Before long, he was sent overseas with his 18-year-old mind filled with patriotic thoughts of helping stabilize a horrible situation.
That soon changed.
"When we first invaded, [the citizens of Afghanistan] were happy. They were stoked," he said.
In all, Cheapers made four tours of duty in the Middle East, and upon each return he received less of a welcome.
"I came back two years later and people were discouraged," he said. "They definitely didn't think we were helping them anymore."
Upon his return to this area, Cheapers found himself battling with his own mind.
"I had nightmares for the first month every time I returned on leave," he said.
He also suffered from social anxiety.
"Once I came back and went to church with my parents," he said. "I got scared in church in church! I started sweating. It was the crowd. I just had to leave."
But it wasn't just the bad dreams and nerves that irritated Cheapers.
"The biggest thing that pissed me off was coming home to a college town where everything is safe and everyone is happy," he said. "People were talking to me about Bush and how the war is wrong. But a week ago I was getting shot at. People only know what they see on the news. The news can say anything and people will believe it."
Many mental health experts agree that the majority of stressed-out soldiers should seek immediate professional help. Though certified emotional guidance is highly recommended by the psychological healthcare community, Cheapers said most of his fellow soldiers choose a bottle of booze as their escape mechanism.

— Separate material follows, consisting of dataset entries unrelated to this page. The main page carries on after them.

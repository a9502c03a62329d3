-- ===== src/Auth/Laws.antt =====
-- What a registration or a login that succeeds rests on.
use computer_network_final_p.Base.{
  ℕ, ◌*◌, ◌≤◌, ◌≡◌, refl, sym, ◌∙◌, ap, inl, inr, Bool, true, false, Bool-cases, Option, none, some,
  List, length, ◌==◌, ◌||◌, ok, text, arith,
}
use computer_network_final_p.Base.Action.{lift, pure, ◌>>=◌, pure-ok, bind-ok, catch-ok}
use computer_network_final_p.Db.{Services}
use computer_network_final_p.Db.Users.{UserRow, create_user, get_user_by_username}
use computer_network_final_p.Db.Sessions.{create_session}
use computer_network_final_p.Protocol.RegisterReq.{RegisterReq}
use computer_network_final_p.Protocol.RegisterResp.{RegisterResp}
use computer_network_final_p.Protocol.LoginReq.{LoginReq}
use computer_network_final_p.Protocol.LoginResp.{LoginResp}
use computer_network_final_p.Auth.PasswordHash.{
  HexReader, hash_password_pbkdf2, verify_password_pbkdf2,
}
use computer_network_final_p.Auth.{
  out_of_range, create_account, register_new, handle_register, refused, open_session,
  login_verified, login_as, handle_login,
}

module _ (read : HexReader) (S : Services) where
  -- A login that succeeded: the user was found, the password verified, and the session created.
  abbrev pub LoggedInAs : LoginReq → S.State → S.State → LoginResp → Type 0
  LoggedInAs r s s' resp =
      (found : S.State) × (user : UserRow) × (get_user_by_username S r.username s
        ≡ (found, ok (some user)))
      × (verify_password_pbkdf2 read S r.password user.pass_hash ≡ ok true)
      × (create_session S user.id (24 * 3600) found ≡ (s', ok resp.token))
      × (resp.user_id ≡ user.id)
      × (resp.username ≡ user.username)

  open_session-ok :
      (user : UserRow) (s s' : S.State) (resp : LoginResp)
      → open_session S user s ≡ (s', ok resp)
      → (create_session S user.id (24 * 3600) s ≡ (s', ok resp.token))
        × (resp.user_id ≡ user.id)
        × (resp.username ≡ user.username)
  unfolding open_session
  open_session-ok user s s' resp e =
      let (mid, token, created, rest) =
        bind-ok (create_session S user.id (24 * 3600)) (λ token. pure _) s s' resp e in
      let (here, made) = pure-ok _ resp mid s' rest in
      (
        created ∙ ap (λ m. (m, ok token)) here ∙ ap (λ (r : LoginResp). (s', ok r.token)) made,
        sym (ap (λ r. r.user_id) made),
        sym (ap (λ r. r.username) made),
      )

  login_verified-ok :
      (user : UserRow) (matches : Bool) (s s' : S.State) (resp : LoginResp)
      → login_verified S user matches s ≡ (s', ok resp)
      → resp.is_ok ≡ true
      → (matches ≡ true) × (open_session S user s ≡ (s', ok resp))
  unfolding login_verified refused
  login_verified-ok user false s s' resp e good = absurd (let e2 = (pure-ok _ resp s s' e).1 in cc)
  login_verified-ok user true s s' resp e good =
      elim (catch-ok (open_session S user) _ s s' resp e) [
        | inl opened ↦ (refl, opened)
        | inr (what, thrown) ↦ absurd cc
      ]

  login_as-ok :
      (r : LoginReq) (o : Option UserRow) (s s' : S.State) (resp : LoginResp)
      → login_as read S r o s ≡ (s', ok resp)
      → resp.is_ok ≡ true
      → (user : UserRow) × (o ≡ some user)
        × (verify_password_pbkdf2 read S r.password user.pass_hash ≡ ok true)
        × (open_session S user s ≡ (s', ok resp))
  unfolding login_as refused
  login_as-ok r none s s' resp e good = absurd (let e2 = (pure-ok _ resp s s' e).1 in cc)
  login_as-ok r (some user) s s' resp e good =
      let (mid, matches, verified, rest) =
        bind-ok (lift (verify_password_pbkdf2 read S r.password user.pass_hash))
          (λ matches. login_verified S user matches) s s' resp e in
      let (same, opened) = login_verified-ok user matches mid s' resp rest good in
      let here : s ≡ mid = ap (λ p. p.0) verified in
      (user, refl, ap (λ p. p.1) verified ∙ ap ok same, rw here opened)

  -- A login that answers with success is for a user that the database found under the name, whose
  -- stored hash the password verifies; the token is the one of the session created for that user, and
  -- the id and the name are that user's.
  pub handle_login-ok :
      (r : LoginReq) (s s' : S.State) (resp : LoginResp)
      → handle_login read S r s ≡ (s', ok resp)
      → resp.is_ok ≡ true
      → LoggedInAs r s s' resp
  unfolding handle_login refused
  handle_login-ok r s s' resp e good =
      elim (Bool-cases ((length r.username == 0) || (length r.password == 0))) [
        | inl missing ↦
            let e1 : pure (refused (text "username and password required")) s ≡ (s', ok resp) =
              rw missing at e in
            absurd (let e2 = (pure-ok _ resp s s' e1).1 in cc)
        | inr given ↦ found (rw given at e)
      ]
    where
      found :
          ((get_user_by_username S r.username) >>= (λ user. login_as read S r user)) s
            ≡ (s', ok resp)
          → LoggedInAs r s s' resp
      found e1 =
          let (mid, o, looked_up, rest) =
            bind-ok (get_user_by_username S r.username) (λ user. login_as read S r user) s s' resp
              e1 in
          let (user, here, verified, opened) = login_as-ok r o mid s' resp rest good in
          let (created, id_same, name_same) = open_session-ok user mid s' resp opened in
          (mid, user, looked_up ∙ ap (λ o. (mid, ok o)) here, verified, created, id_same, name_same)

in_range :
    (t : List ℕ) (most : ℕ) → out_of_range t most ≡ false → (1 ≤ length t) × (length t ≤ most)
unfolding out_of_range
in_range t most h = (ground arith, ground arith)

module _ (S : Services) where
  -- The account of a request was created: its password hashed, and the hash stored with the names.
  abbrev pub AccountCreated : RegisterReq → S.State → S.State → Type 0
  AccountCreated r found s' =
      (hashed : S.State) × (pass_hash : List ℕ) × (id : ℕ) × (hash_password_pbkdf2 S r.password
          120000 found
        ≡ (hashed, ok pass_hash))
      × (create_user S r.username r.email pass_hash hashed ≡ (s', ok id))

  create_account-ok :
      (r : RegisterReq) (s s' : S.State) (resp : RegisterResp)
      → create_account S r s ≡ (s', ok resp)
      → AccountCreated r s s'
  unfolding create_account
  create_account-ok r s s' resp e =
      let (hashed, pass_hash, hash, rest) =
        bind-ok (hash_password_pbkdf2 S r.password 120000)
          (λ pass_hash. create_user S r.username r.email pass_hash >>= (λ id. pure _)) s s' resp
          e in
      let (mid, id, created, last) =
        bind-ok (create_user S r.username r.email pass_hash) (λ id. pure _) hashed s' resp rest in
      let (here, same) = pure-ok _ resp mid s' last in
      (hashed, pass_hash, id, hash, created ∙ ap (λ m. (m, ok id)) here)

  register_new-ok :
      (r : RegisterReq) (o : Option UserRow) (s s' : S.State) (resp : RegisterResp)
      → register_new S r o s ≡ (s', ok resp)
      → resp.is_ok ≡ true
      → (o ≡ none) × (1 ≤ length r.email) × (length r.email ≤ 255) × AccountCreated r s s'
  unfolding register_new
  register_new-ok r (some user) s s' resp e good = absurd (let e2 = (pure-ok _ resp s s' e).1 in cc)
  register_new-ok r none s s' resp e good = elim (Bool-cases (out_of_range r.email 255)) [
    | inl wrong ↦ absurd (let e2 = (pure-ok _ resp s s' (rw wrong at e)).1 in cc)
    | inr right ↦ elim (catch-ok (create_account S r) _ s s' resp (rw right at e)) [
      | inl created ↦
          let (least, most) = in_range r.email 255 right in
          (refl, least, most, create_account-ok r s s' resp created)
      | inr (what, thrown) ↦ absurd cc
    ]
  ]

  -- A registration that answers with success has a user name of 1 to 64 bytes that the database did not
  -- find, a password of 1 to 128 bytes and an e-mail address of 1 to 255 bytes, and its user was created
  -- with the hash of its password.
  pub handle_register-ok :
      (r : RegisterReq) (s s' : S.State) (resp : RegisterResp)
      → handle_register S r s ≡ (s', ok resp)
      → resp.is_ok ≡ true
      → (1 ≤ length r.username)
        × (length r.username ≤ 64)
        × (1 ≤ length r.password)
        × (length r.password ≤ 128)
        × (1 ≤ length r.email)
        × (length r.email ≤ 255)
        × (found : S.State) × (get_user_by_username S r.username s ≡ (found, ok none))
        × AccountCreated r found s'
  unfolding handle_register
  handle_register-ok r s s' resp e good = elim (Bool-cases (out_of_range r.username 64)) [
    | inl wrong ↦ absurd (let e2 = (pure-ok _ resp s s' (rw wrong at e)).1 in cc)
    | inr name_right ↦
        let e1 = rw name_right at e in
        elim (Bool-cases (out_of_range r.password 128)) [
          | inl wrong ↦ absurd (let e2 = (pure-ok _ resp s s' (rw wrong at e1)).1 in cc)
          | inr password_right ↦
              let (mid, o, looked_up, rest) =
                bind-ok (get_user_by_username S r.username) (λ o. register_new S r o) s s' resp
                  (rw password_right at e1) in
              let (absent, least, most, created) = register_new-ok r o mid s' resp rest good in
              let (name_least, name_most) = in_range r.username 64 name_right in
              let (password_least, password_most) = in_range r.password 128 password_right in
              (
                name_least,
                name_most,
                password_least,
                password_most,
                least,
                most,
                mid,
                looked_up ∙ ap (λ o. (mid, ok o)) absent,
                created,
              )
        ]
  ]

"People deal with it differently, depending on what you saw," he said. "Sometimes I would lose my appetite for a couple days. Mostly, we just drank."
Despite the bottles, Cheapers has been able unlike some of his fellow veterans to avoid alcoholism. He's now a full-time student and a part-time bartender.
When asked what would he say to someone considering enlisting in the U.S. military, Cheapers responded, "It's their life. If they want to do it, do it."
When asked what he would say to his little brother if he were considering enlisting in the U.S. military, his response was a little different.
"I'd tell him to fuck off," he said. "There's no way I would allow my mother to go through that again."